Metadata-Version: 2.4
Name: agentic-stealth-browser
Version: 2.0.0
Summary: Production-grade, human-mimicking browser automation framework for autonomous agents. Survives modern anti-bot systems.
Author-email: Shane W <shanewas@users.noreply.github.com>
License: MIT
Project-URL: Homepage, https://github.com/shanewas/agentic-stealth-browser
Project-URL: Repository, https://github.com/shanewas/agentic-stealth-browser
Project-URL: Issues, https://github.com/shanewas/agentic-stealth-browser/issues
Project-URL: Documentation, https://github.com/shanewas/agentic-stealth-browser/tree/master/docs
Project-URL: Changelog, https://github.com/shanewas/agentic-stealth-browser/blob/master/CHANGELOG.md
Keywords: stealth,browser,automation,playwright,anti-bot,scraping,agent
Classifier: Development Status :: 4 - Beta
Classifier: Intended Audience :: Developers
Classifier: License :: OSI Approved :: MIT License
Classifier: Programming Language :: Python :: 3
Classifier: Programming Language :: Python :: 3.10
Classifier: Programming Language :: Python :: 3.11
Classifier: Programming Language :: Python :: 3.12
Classifier: Programming Language :: Python :: 3.13
Classifier: Topic :: Internet :: WWW/HTTP :: Browsers
Classifier: Topic :: Software Development :: Testing
Classifier: Framework :: AsyncIO
Requires-Python: >=3.10
Description-Content-Type: text/markdown
License-File: LICENSE
Requires-Dist: playwright
Requires-Dist: aiohttp
Requires-Dist: cryptography
Requires-Dist: pyyaml
Provides-Extra: dev
Requires-Dist: pytest; extra == "dev"
Requires-Dist: pytest-asyncio; extra == "dev"
Requires-Dist: pytest-cov; extra == "dev"
Dynamic: license-file

# Agentic Stealth Browser

[![CI](https://github.com/shanewas/agentic-stealth-browser/actions/workflows/ci.yml/badge.svg)](https://github.com/shanewas/agentic-stealth-browser/actions/workflows/ci.yml)
[![License: MIT](https://img.shields.io/badge/License-MIT-blue.svg)](LICENSE)
[![Python 3.10+](https://img.shields.io/badge/python-3.10+-blue.svg)](https://www.python.org/downloads/)
[![Version](https://img.shields.io/badge/version-2.0.0-blue.svg)](https://pypi.org/project/agentic-stealth-browser/)
[![Tests](https://img.shields.io/badge/tests-500%2B%20passing-brightgreen)](tests/)

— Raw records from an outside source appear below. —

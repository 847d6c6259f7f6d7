-- ===== src/Broker.antt =====
-- scripts/desktop_admin_broker.py: the broker that runs the owner's commands, taken from the
-- comments of one issue.
pub mod Comment
pub mod Process
pub mod Activation
pub mod Refresh
pub mod Actions
pub mod Watch
pub mod Lock
pub mod Installation
mod LockExamples
mod InstallExamples
mod Upkeep
mod Examples
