-- ===== src/Prelude/Lists.antt =====
-- Lists over the native numbers, predicates on lists, and dictionaries with text keys.
use Prim.Native.Nat.{ℕ, suc}
use Prim.Native.String.{String}
use mathlib.Core.Path.{◌≡◌, refl}
use mathlib.Core.Logic.{◌↔◌}
use mathlib.Core.Bool.{Bool, true, false, ◌&&◌, ◌||◌}
use mathlib.Core.List.{List, [], ◌∷◌}
use mathlib.Core.Option.{Option, none, some}
use native.Mathlib.Omega.{arith}
use text.Mathlib.Text.{◌==◌}
use text.Mathlib.TextEquality.{eq_iff}
use desktop_pc24x7_runtime.Prelude.Tests.{if◌then◌else◌}

module _ {ℓ} {A : Type ℓ} where
  abbrev pub length : List A → ℕ
  length [] = 0
  length (_ ∷ xs) = suc (length xs)

  -- Python's all(...) and any(...) over a generator.
  abbrev pub all : (A → Bool) → List A → Bool
  all p [] = true
  all p (x ∷ xs) = p x && all p xs

  abbrev pub any : (A → Bool) → List A → Bool
  any p [] = false
  any p (x ∷ xs) = p x || any p xs

abbrev pub All {ℓ κ} : {A : Type ℓ} → (A → Type κ) → List A → Type κ
All P [] = Unit
All P (x ∷ xs) = P x × All P xs

pub all_iff {ℓ} :
    {A : Type ℓ} (p : A → Bool) (xs : List A) → (all p xs ≡ true) ↔ All (λ x. p x ≡ true) xs
all_iff p [] = (λ _. tt, λ _. refl)
all_iff p (x ∷ xs) = ground (arith, all_iff p xs)

-- `x in xs` for texts.
abbrev pub contains : List String → String → Bool
contains xs x = any (λ y. y == x) xs

-- A dict with text keys, in insertion order: table[key] = value, and table.get(key).
module _ {ℓ} {V : Type ℓ} where
  unfoldable pub insert : String → V → List (String × V) → List (String × V)
  insert key value [] = (key, value) ∷ []
  insert key value ((k, old) ∷ table) =
      if k == key then (k, value) ∷ table else (k, old) ∷ insert key value table

  unfoldable pub lookup : String → List (String × V) → Option V
  lookup key [] = none
  lookup key ((k, value) ∷ table) = if k == key then some value else lookup key table

  pub lookup-insert :
      (key asked : String) (value : V) (table : List (String × V))
      → lookup asked (insert key value table)
        ≡ (if key == asked then some value else lookup asked table)
  unfolding insert lookup
  lookup-insert key asked value [] = refl
  lookup-insert key asked value ((k, old) ∷ table) =
      ground
        (arith, lookup-insert key asked value table, eq_iff k asked, eq_iff key asked, eq_iff k key)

A Python framework that makes browser automation look human. Built for autonomous agents that need to navigate websites protected by Cloudflare, LinkedIn, Amazon, and other anti-bot systems. **v2.0.0 GA** — Workflow Platform with SDK, orchestration, security governance, adaptive stealth, and full browser capability map.

## Why This Exists

Standard browser automation (`page.goto()`, `page.click()`) gets detected instantly. This framework solves that by combining:

- **TLS fingerprint spoofing** — matches real browser TLS handshakes
- **Human behavior simulation** — natural mouse, typing, scrolling with realistic imperfections
- **Automatic recovery** — detects blocks (CAPTCHAs, rate limits) and recovers without crashing
- **Account lifecycle management** — warming, health scoring, cooling off
- **Workflow Teach/Replay** — record real user actions via CDP, save as YAML, replay with fallbacks

## Installation

```bash
pip install agentic-stealth-browser
playwright install --with-deps chromium
```

## Quick Start

```python
from core.agent_browser import AgentBrowser
import asyncio

async def main():
    browser = AgentBrowser(session_name="demo")
    await browser.launch(headless=True)

    # This handles stealth, human behavior, and recovery automatically
    await browser.safe_goto("https://example.com")

    # Add human-like actions
    await browser.human.scroll_naturally(400)
    await browser.human.think(1500, 2800)

    await browser.close()

asyncio.run(main())
```

## Real-World Example

For protected sites, load real cookies and use a platform preset:

```python
browser = AgentBrowser(session_name="linkedin")
await browser.launch(preset="linkedin_2026")
await browser.load_cookies_from_file("cookies.json")
await browser.warm_up_before_work(intensity="heavy")
await browser.safe_goto("https://www.linkedin.com/feed/", platform="linkedin")
```

The flow: **cookies → warm-up → navigate → recover if blocked → act human**.

## Workflow System (v1.0.0)

Record real user interactions and replay them autonomously — the "teach mode" for browser automation.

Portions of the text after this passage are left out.